SFC leader wants to repeal the term “open source AI”

OSI Open Source AI Definition

Few days ago SFC made official its new definition of “Open Source Artificial Intelligence” to which Bradley M. Kuhn, leader of the Software Freedom Conservancy (SFC), has expressed concern on this definition.

Kuhn mentions that his intention to annul said term It is because Current “open AI” criteria may have serious consequences by diluting the value of the term “open source” and dividing the community. One of the points that has generated conflict is the exclusion of the requirement to publish the data used to train AI models.

According to the OSI, including this requirement would make it impossible for most current language models to be considered open, since their training data is mostly private.

Kuhn considers that this definition was approved in a hasty manner, without the same exhaustive and lengthy process that gave the definition to traditional “open source.” In his view, OSI should have labeled this new guidance a “recommendation” rather than a “definition,” given that AI systems are still in their early stages of development.

The bottom line here, in my view, is simple: OSAID does not require public reproducibility of the scientific process of building these systems, because it does not set sufficient requirements on licensing and public disclosure of training sets for so-called “open source” systems. The OSI declined to add this requirement because of a fundamental flaw in their process; they decided that “it made no sense to publish a definition that no existing AI system could currently meet.”

Meanwhile The OSI argues that the definition will help avoid ambiguous use of the term. "opened" in the context of AI, since many manufacturers label their models as open only because they allow access to certain components, such as weighting coefficients, but restrict their use or do not disclose all implementation details.

La OSI has established that an open AI system only needs to offer information detailed about the data used in your training, without requiring the data to be public. Kuhn, however, believes that this limitation prevents AI models from meeting the reproducibility needed in open source software, where full access to data and code is essential.

In his critique, Kuhn mentions that, by skipping access to the training data, The OSI has reduced the definition to a purely technological approach, without recognizing AI as a complete, reproducible system, which he says conflicts with open source principles.

I don't really know for sure (yet) whether the only way to respect user rights in a LLM-backed generative AI system is to only use training sets that are publicly available and licensed under free software licenses. I think that's the ideal and preferred way for modification of such systems.

La definition of “open AI system” approved by the OSI has generated controversy since it guarantees only two of the four freedoms fundamental of open source software: the ability to use and distribute. However, the freedoms to study and modify the model are not fully guaranteed, mainly due to the lack of access to training data. This omission also complicates the detection of possible backdoors inserted in AI models.

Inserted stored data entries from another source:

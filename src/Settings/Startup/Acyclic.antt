-- ===== src/Settings/Startup/Acyclic.antt =====
-- Chains of dependencies among the services of base/settings/startup.go.
use mathlib.Core.WellFounded.{Acc}
use debug_bootstrap.Prelude.{
  ℕ, zero, suc, ◌≡◌, refl, Option, none, some, List, [], ◌∷◌, ◌++◌, Bytes, bytes_equal, contains,
  Names, here, there, Bool-cases, inl, inr, subst,
}
use debug_bootstrap.Prelude.Int.{ℤ}
use debug_bootstrap.Prelude.Dict.{Dict, lookup}
use debug_bootstrap.Settings.Startup.{
  Startup, priority, Weighed, weighs, cyclic, out_of_fuel, unknown, plus, weigh_one, weigh_all,
  weigh_after, weight,
}

-- The service `k` names the service `a` in its After, and `a` is no priority.
pub record Depends (m : Dict Bytes Startup) (a k : Bytes) : Type 0 where
  pub service : Startup
  pub found : lookup k m ≡ some service
  pub named : Names a service.after
  pub no_priority : priority a ≡ none

-- A sum that is defined has defined parts.
plus-weighs :
    (d w : Weighed) {n : ℤ}
    → plus d w ≡ weighs n
    → ((x : ℤ) × (d ≡ weighs x)) × ((y : ℤ) × (w ≡ weighs y))
unfolding plus
plus-weighs (weighs d) (weighs w) e = ((d, refl), (w, refl))
plus-weighs (weighs d) cyclic e = cc
plus-weighs (weighs d) out_of_fuel e = cc
plus-weighs (weighs d) (unknown a) e = cc
plus-weighs cyclic w e = cc
plus-weighs out_of_fuel w e = cc
plus-weighs (unknown a) w e = cc

-- A dependency that weighs is a service that weighs.
abbrev Weighs : (Startup → Weighed) → Dict Bytes Startup → Bytes → Type 0
Weighs weigh m a = (d : Startup) × (lookup a m ≡ some d) × ((n : ℤ) × (weigh d ≡ weighs n))

one-Weighs :
    (weigh : Startup → Weighed) (m : Dict Bytes Startup) (a : Bytes) (d : Option Startup) {n : ℤ}
    → lookup a m ≡ d
    → weigh_one weigh a none d ≡ weighs n
    → Weighs weigh m a
unfolding weigh_one
one-Weighs weigh m a none e h = cc
one-Weighs weigh m a (some d) {n} e h = (d, e, (n, h))

all-Weighs :
    (weigh : Startup → Weighed) (m : Dict Bytes Startup) (names : List Bytes) (a : Bytes) (n : ℤ)
    → weigh_all weigh m names ≡ weighs n
    → Names a names
    → priority a ≡ none
    → Weighs weigh m a
unfolding weigh_all
all-Weighs weigh m [] a n e i q = elim i [ ]
all-Weighs weigh m (b ∷ rest) a n e here q =
    let parts =
      plus-weighs (weigh_one weigh a (priority a) (lookup a m)) (weigh_all weigh m rest) e in
    one-Weighs weigh m a (lookup a m) refl (rw q at (parts.0.1))
all-Weighs weigh m (b ∷ rest) a n e (there i) q =
    let parts =
      plus-weighs (weigh_one weigh b (priority b) (lookup b m)) (weigh_all weigh m rest) e in
    all-Weighs weigh m rest a parts.1.0 parts.1.1 i q

after-Weighs :
    (weigh : Startup → Weighed) (m : Dict Bytes Startup) (names : List Bytes) (a : Bytes) (n : ℤ)
    → weigh_after weigh m names ≡ weighs n
    → Names a names
    → priority a ≡ none
    → Weighs weigh m a
unfolding weigh_after
after-Weighs weigh m [] a n e i q = elim i [ ]
after-Weighs weigh m (b ∷ rest) a n e i q = all-Weighs weigh m (b ∷ rest) a n e i q

weight-deeper :
    (fuel : ℕ) (m : Dict Bytes Startup) (chain : List Bytes) (s : Startup) (n : ℤ)
    → weight (suc fuel) m chain s ≡ weighs n
    → weigh_after (weight fuel m (chain ++ s.key ∷ [])) m s.after ≡ weighs n
unfolding weight
weight-deeper fuel m chain s n w = elim (Bool-cases (contains chain s.key)) [
  | inl t ↦ cc (rw t at w)
  | inr f ↦ rw f at w
]

no_fuel :
    (m : Dict Bytes Startup) (chain : List Bytes) (s : Startup) (n : ℤ)
    → ¬ (weight zero m chain s ≡ weighs n)
unfolding weight
no_fuel m chain s n w = cc

pub weighs-Acc :
    (fuel : ℕ) (m : Dict Bytes Startup) (chain : List Bytes) (k : Bytes) (s : Startup) (n : ℤ)
    → lookup k m ≡ some s
    → weight fuel m chain s ≡ weighs n
    → Acc (Depends m) k
weighs-Acc zero m chain k s n e w = absurd (no_fuel m chain s n w)
weighs-Acc (suc fuel) m chain k s n e w = Acc.intro k (λ a d.
    let same : d.service ≡ s = cc (d.found, e) in
    let named : Names a s.after = subst (λ t. Names a (Startup.after t)) same d.named in
    let (d', e', weighed) =
      after-Weighs (weight fuel m (chain ++ s.key ∷ [])) m s.after a n
        (weight-deeper fuel m chain s n w) named d.no_priority in
    weighs-Acc fuel m (chain ++ s.key ∷ []) a d' weighed.0 e' weighed.1)

-- The service `a` is needed for `k`, by one dependency or a chain of them.
pub data Needs (m : Dict Bytes Startup) (a : Bytes) : Bytes → Type 0 where
  direct : {k : Bytes} → Depends m a k → Needs m a k
  through : {b k : Bytes} → Needs m a b → Depends m b k → Needs m a k

Needs-left : {m : Dict Bytes Startup} {a b k : Bytes} → Depends m a b → Needs m b k → Needs m a k
Needs-left d (direct e) = through (direct d) e
Needs-left d (through n e) = through (Needs-left d n) e

not-Needs_self : {m : Dict Bytes Startup} (k : Bytes) → Acc (Depends m) k → Needs m k k → ⊥
not-Needs_self k (Acc.intro _ below) (direct d) = not-Needs_self k (below k d) (direct d)
not-Needs_self k (Acc.intro _ below) (through {b = b} n d) =
    not-Needs_self b (below b d) (Needs-left d n)

-- A service whose weight is computed, with any fuel, needs itself neither directly nor through a
-- chain of other services: a cycle of dependencies has no weight.
pub weighs-not_Needs_self :
    (fuel : ℕ) (m : Dict Bytes Startup) (chain : List Bytes) (k : Bytes) (s : Startup) (n : ℤ)
    → lookup k m ≡ some s
    → weight fuel m chain s ≡ weighs n
    → ¬ Needs m k k
weighs-not_Needs_self fuel m chain k s n e w = not-Needs_self k (weighs-Acc fuel m chain k s n e w)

From OSI's point of view, The restriction on the publication of data is understood, as it is often due to factors outside the control of the developers, such as the protection of confidential data, copyright, or licensing agreements with third partiesHowever, critics, including Bradley Kuhn and members of the Debian community, argue that these challenges do not justify a definition that weakens open source principles. The absence of access to training data, they argue, diminishes the value of open AI and threatens to dilute the meaning and integrity of the open source movement.

Kuhn mentions that he plans to participate in the upcoming OSI leadership elections to try to overturn this definition and promote its classification as a recommendation only, and not a standard. In addition, other bodies such as the Open Source Foundation are developing their own definition of free AI, which will include a requirement for data availability, although recognizing ethical exceptions for certain types of data, such as medical or personal data.

Finally if you are interested in knowing more about it, you can check the details In the following link.


Leave a Comment

Your email address will not be published. Required fields are marked with *

*

*

  1. Responsible for the data: Miguel Ángel Gatón
  2. Purpose of the data: Control SPAM, comment management.
  3. Legitimation: Your consent
  4. Communication of the data: The data will not be communicated to third parties except by legal obligation.
  5. Data storage: Database hosted by Occentus Networks (EU)
  6. Rights: At any time you can limit, recover and delete your information.